#### [What this task involves]
Below are lines of data, and only some are wanted. Please repeat exactly those from the line that has "λ s t. returns" through the line that has "pub in_order : InOrder r.0".

#### [Supplied material]
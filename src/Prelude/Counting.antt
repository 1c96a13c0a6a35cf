-- ===== src/Prelude/Counting.antt =====
-- How often a list has elements that pass a test.
use Prim.Native.Nat.{ℕ, suc, ◌+◌}
use mathlib.Core.Path.{◌≡◌}
use mathlib.Core.Bool.{Bool}
use mathlib.Core.List.{List, [], ◌∷◌, ◌++◌}
use native.Mathlib.Omega.{arith}
use scalability_engineering.Prelude.Tests.{if◌then◌else◌}

abbrev pub count {ℓ} : {A : Type ℓ} → (A → Bool) → List A → ℕ
count p [] = 0
count p (x ∷ xs) = let rest = count p xs in if p x then suc rest else rest

pub count-concat {ℓ} :
    {A : Type ℓ} (p : A → Bool) (xs ys : List A) → count p (xs ++ ys) ≡ count p xs + count p ys
count-concat p [] ys = ground arith
count-concat p (x ∷ xs) ys = ground (arith, count-concat p xs ys)

-- What sort.Slice and ORDER BY have in common: the same elements in another order.
abbrev pub Rearranges {ℓ} : {A : Type ℓ} → (List A → List A) → Type ℓ
Rearranges {A} sort = (p : A → Bool) (xs : List A) → count p (sort xs) ≡ count p xs
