-- ===== src/Client/Contacts/Complete.antt =====
-- Whom the list of contacts of client/main.go shows.
use scalability_engineering.Prelude.{
  ℕ, suc, ◌≡◌, refl, Bool, not, ◌&&◌, Option, List, [], ◌∷◌, String, str_eq, str_eq_iff, arith, leb,
  if◌then◌else◌,
}
use scalability_engineering.Prelude.Counting.{count, count-concat}
use scalability_engineering.ClientManager.{ClientIdentity}
use scalability_engineering.Client.Chat.{Message, Contact, Tables, has_contact, add_contact}
use scalability_engineering.Client.Contacts.{
  ContactWithLastMessage, ContactMessages, join_messages, db_contacts, in_map, queue_contacts,
}

abbrev pub stored : String → List Contact → ℕ
stored id = count (λ c. str_eq c.container_id id)

abbrev pub listed : String → List ContactMessages → ℕ
listed id = count (λ c. str_eq c.contact id)

abbrev joined : String → List ContactWithLastMessage → ℕ
joined id = count (λ row. str_eq row.contact.container_id id)

abbrev pub given : String → List ClientIdentity → ℕ
given id = count (λ c. str_eq c.container_id id)

pub has_contact_iff : (id : String) (cs : List Contact) → has_contact id cs ≡ leb 1 (stored id cs)
unfolding has_contact
has_contact_iff id [] = refl
has_contact_iff id (c ∷ cs) = ground (arith, has_contact_iff id cs)

pub in_map_iff : (id : String) (cs : List ContactMessages) → in_map id cs ≡ leb 1 (listed id cs)
unfolding in_map
in_map_iff id [] = refl
in_map_iff id (c ∷ cs) = ground (arith, in_map_iff id cs)

pub joined-join_messages :
    (newest : List Message → Option Message) (me : String) (ms : List Message) (id : String)
    (cs : List Contact)
    → joined id (join_messages newest me ms cs) ≡ stored id cs
unfolding join_messages
joined-join_messages newest me ms id [] = refl
joined-join_messages newest me ms id (c ∷ cs) =
    ground (arith, joined-join_messages newest me ms id cs)

pub listed-db_contacts :
    (id : String) (rows : List ContactWithLastMessage)
    → listed id (db_contacts rows) ≡ joined id rows
unfolding db_contacts
listed-db_contacts id [] = refl
listed-db_contacts id (row ∷ rows) = ground (arith, listed-db_contacts id rows)

pub stored-add_contact :
    (works : Bool) (db : Tables) (c : Contact) (id : String)
    → stored id (add_contact works db c).0.contacts ≡ (
        if works && str_eq c.container_id id && not (has_contact id db.contacts)
        then suc (stored id db.contacts)
        else stored id db.contacts)
unfolding add_contact
stored-add_contact works db c id = ground (
  arith,
  str_eq_iff c.container_id id,
  count-concat (λ k. str_eq k.container_id id) db.contacts (c ∷ []),
)

abbrev pub as_contact : ClientIdentity → Contact
as_contact c = record { container_id = c.container_id; name = c.name; hostname = c.hostname }

-- The tables after one round of the second loop.
abbrev pub next_tables : Bool → List ContactMessages → Tables → ClientIdentity → Tables
next_tables works known db c =
    if in_map c.container_id known then db else (add_contact works db (as_contact c)).0

-- What the second loop appends: the contacts of the queue that are not in the map.
pub listed-queue_contacts :
    (works : Bool) (known : List ContactMessages) (id : String) (db : Tables)
    (cs : List ClientIdentity)
    → listed id (queue_contacts works known db cs).1 ≡ (if in_map id known then 0 else given id cs)
unfolding queue_contacts
listed-queue_contacts works known id db [] = ground arith
listed-queue_contacts works known id db (c ∷ cs) = ground (
  arith,
  str_eq_iff c.container_id id,
  listed-queue_contacts works known id (next_tables works known db c) cs,
)

-- What the second loop stores: the same, if AddContact works, but no contact twice.
pub stored-queue_contacts :
    (works : Bool) (known : List ContactMessages) (id : String) (db : Tables)
    (cs : List ClientIdentity)
    → stored id (queue_contacts works known db cs).0.contacts ≡ (
        if works && not (in_map id known) && leb 1 (given id cs) && not (has_contact id db.contacts)
        then suc (stored id db.contacts)
        else stored id db.contacts)
unfolding queue_contacts
stored-queue_contacts works known id db [] = ground arith
stored-queue_contacts works known id db (c ∷ cs) = ground (
  arith,
  str_eq_iff c.container_id id,
  has_contact_iff id db.contacts,
  has_contact_iff id (next_tables works known db c).contacts,
  stored-add_contact works db (as_contact c) id,
  stored-queue_contacts works known id (next_tables works known db c) cs,
)

pub messages-queue_contacts :
    (works : Bool) (known : List ContactMessages) (db : Tables) (cs : List ClientIdentity)
    → (queue_contacts works known db cs).0.messages ≡ db.messages
unfolding queue_contacts add_contact
messages-queue_contacts works known db [] = refl
messages-queue_contacts works known db (c ∷ cs) =
    ground (arith, messages-queue_contacts works known (next_tables works known db c) cs)
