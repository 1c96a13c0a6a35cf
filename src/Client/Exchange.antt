-- ===== src/Client/Exchange.antt =====
-- The callbacks keep the query queue in order, and with it the whole client.
use scalability_engineering.Prelude.{
  ℕ, suc, ltb_ℤ, leb_ℤ, pos, not, ◌||◌, ◌&&◌, Bool, if◌then◌else◌, arith, ◌≡◌, refl, not, ◌&&◌,
  some, List, [], ◌∷◌, string_discrete, Returns, returns, Returns-bind, Returns-if, str_eq, ℤ,
}
use scalability_engineering.PriorityQueue
use scalability_engineering.PriorityQueue.Sift
use scalability_engineering.PriorityQueue.Update
use scalability_engineering.PriorityQueue.Remove
use scalability_engineering.ClientManager
use scalability_engineering.ClientManager.{ClientIdentity, ClientManager}
use scalability_engineering.ClientManager.Invariant.{Keeps}
use scalability_engineering.ClientManager.Upkeep.{Good, add_client-Good}
use scalability_engineering.Client.{
  try_auto_connect, Client, QueryQueue, Reply, failed, answered, undecodable, decoded, on_add,
  on_remove, add_new_contacts, connect, connection_failed,
}

-- The query queue is in order.
abbrev pub Queryable : QueryQueue → Type 0
Queryable q = Sift.IsValid string_discrete q.query_queue

-- The add callback of a client returns, whatever the priority, and keeps the query queue in order.
pub on_add-Keeps : Keeps Queryable (some on_add)
unfolding on_add ClientManager.call
on_add-Keeps id p q v =
    Returns-if (PriorityQueue.contains string_discrete q.query_queue id) (λ e. returns v)
      λ e.
        Returns-bind (Update.insert-Inserted string_discrete q.query_queue v _ id)
          λ r i. returns i.valid

-- The remove callback too.
pub on_remove-Keeps : Keeps Queryable (some on_remove)
unfolding on_remove ClientManager.call
on_remove-Keeps id p q v =
    Returns-bind (Remove.remove-Taken string_discrete q.query_queue id v) λ r d. returns d.valid

-- The manager and the query queue of a client are in order.
abbrev pub InOrder : Client → Type 0
InOrder c = Good Queryable c.manager c.queries

-- The client is in order, and is what it was but for its manager and its query queue.
pub record Contacted (c : Client) (c' : Client) : Type 0 where
  pub in_order : InOrder c'
  pub identity : c'.identity ≡ c.identity
  pub connected : c'.connected ≡ c.connected
  pub max_retries : c'.max_retries ≡ c.max_retries

-- From a client in order, addNewContacts ends without a panic, whatever contacts arrive; the client
-- is in order after it, with its identity, connection state and retry limit as before.
pub add_new_contacts-Contacted :
    (contacts : List ClientIdentity) (c : Client) (now : ℕ → ℤ)
    → InOrder c
    → Returns (λ r. Contacted c r.0) (add_new_contacts c contacts now)
unfolding add_new_contacts
add_new_contacts-Contacted [] c now good =
    returns (record { in_order = good; identity = refl; connected = refl; max_retries = refl })
add_new_contacts-Contacted (contact ∷ contacts) c now good =
    Returns-if
      (not (ClientManager.contains_client c.manager contact.container_id)
        && not (str_eq contact.container_id c.identity.container_id))
      (λ e. Returns-bind (add_client-Good Queryable c.manager c.queries good contact (now 0)) λ r g.
        Returns-bind
          (add_new_contacts-Contacted contacts (record c { manager = r.0; queries = r.1 })
            (λ n. now (suc n)) g)
          λ s t. returns (record {
            in_order = t.in_order;
            identity = t.identity;
            connected = t.connected;
            max_retries = t.max_retries;
          }))
      λ e. add_new_contacts-Contacted contacts c now good

-- From a client in order, connect ends without a panic on every outcome of the request; the client
-- is in order after it, and is connected exactly if no error is returned.
pub connect-InOrder :
    (c : Client) (reply : Reply (List ClientIdentity)) (now : ℕ → ℤ)
    → InOrder c
    → Returns (λ r. InOrder r.0 × (r.0.connected ≡ r.1)) (connect c reply now)
unfolding connect connection_failed
connect-InOrder c (failed e) now good = returns (good, refl)
connect-InOrder c (answered status body) now good = returns (good, refl)
connect-InOrder c (undecodable e) now good = returns (good, refl)
connect-InOrder c (decoded identities) now good =
    Returns-bind (add_new_contacts-Contacted identities c now good)
      λ r t. returns (t.in_order, refl)

-- What an attempt comes to: the retry count is 0 if the client is connected after it, one higher if
-- the attempt failed, and as it was if there was none; and it is time to stop just when the client
-- is not connected and a positive retry limit is reached.
pub record Tried (c : Client) (retry_count : ℕ) (r : Client × ℕ × Bool) : Type 0 where
  pub in_order : InOrder r.0
  pub counted : r.1 ≡ (if r.0.connected then 0 else if r.2 then suc retry_count else retry_count)
  pub continues :
      r.2
      ≡ (c.connected || not (ltb_ℤ (pos 0) c.max_retries && leb_ℤ c.max_retries (pos retry_count)))

-- From a client in order, tryAutoConnect ends without a panic on every outcome of the request. The
-- client is in order after it. The retry count is 0 if it is connected then, one higher if an attempt
-- failed, and as it was if there was none; and the result says to stop just when the client was not
-- connected and a positive retry limit is reached.
pub try_auto_connect-Tried :
    (c : Client) (retry_count : ℕ) (reply : Reply (List ClientIdentity)) (now : ℕ → ℤ)
    → InOrder c
    → Returns (Tried c retry_count) (try_auto_connect c retry_count reply now)
unfolding try_auto_connect
try_auto_connect-Tried c retry_count reply now good =
    Returns-if c.connected
      (λ e. returns (record { in_order = good; counted = ground arith; continues = ground arith }))
      λ e.
        Returns-if (ltb_ℤ (pos 0) c.max_retries && leb_ℤ c.max_retries (pos retry_count))
          (λ f.
            returns (record { in_order = good; counted = ground arith; continues = ground arith }))
          λ f. Returns-bind (connect-InOrder c reply now good) λ r g.
            returns
              (record { in_order = g.0; counted = ground (arith, g.1); continues = ground arith })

#### [Solution to the problem]
          λ s t. returns (record {
            in_order = t.in_order;
            identity = t.identity;
            connected = t.connected;
            max_retries = t.max_retries;
          }))
      λ e. add_new_contacts-Contacted contacts c now good

-- From a client in order, connect ends without a panic on every outcome of the request; the client
-- is in order after it, and is connected exactly if no error is returned.
pub connect-InOrder :
    (c : Client) (reply : Reply (List ClientIdentity)) (now : ℕ → ℤ)
    → InOrder c
    → Returns (λ r. InOrder r.0 × (r.0.connected ≡ r.1)) (connect c reply now)
unfolding connect connection_failed
connect-InOrder c (failed e) now good = returns (good, refl)
connect-InOrder c (answered status body) now good = returns (good, refl)
connect-InOrder c (undecodable e) now good = returns (good, refl)
connect-InOrder c (decoded identities) now good =
    Returns-bind (add_new_contacts-Contacted identities c now good)
      λ r t. returns (t.in_order, refl)

-- What an attempt comes to: the retry count is 0 if the client is connected after it, one higher if
-- the attempt failed, and as it was if there was none; and it is time to stop just when the client
-- is not connected and a positive retry limit is reached.
pub record Tried (c : Client) (retry_count : ℕ) (r : Client × ℕ × Bool) : Type 0 where
  pub in_order : InOrder r.0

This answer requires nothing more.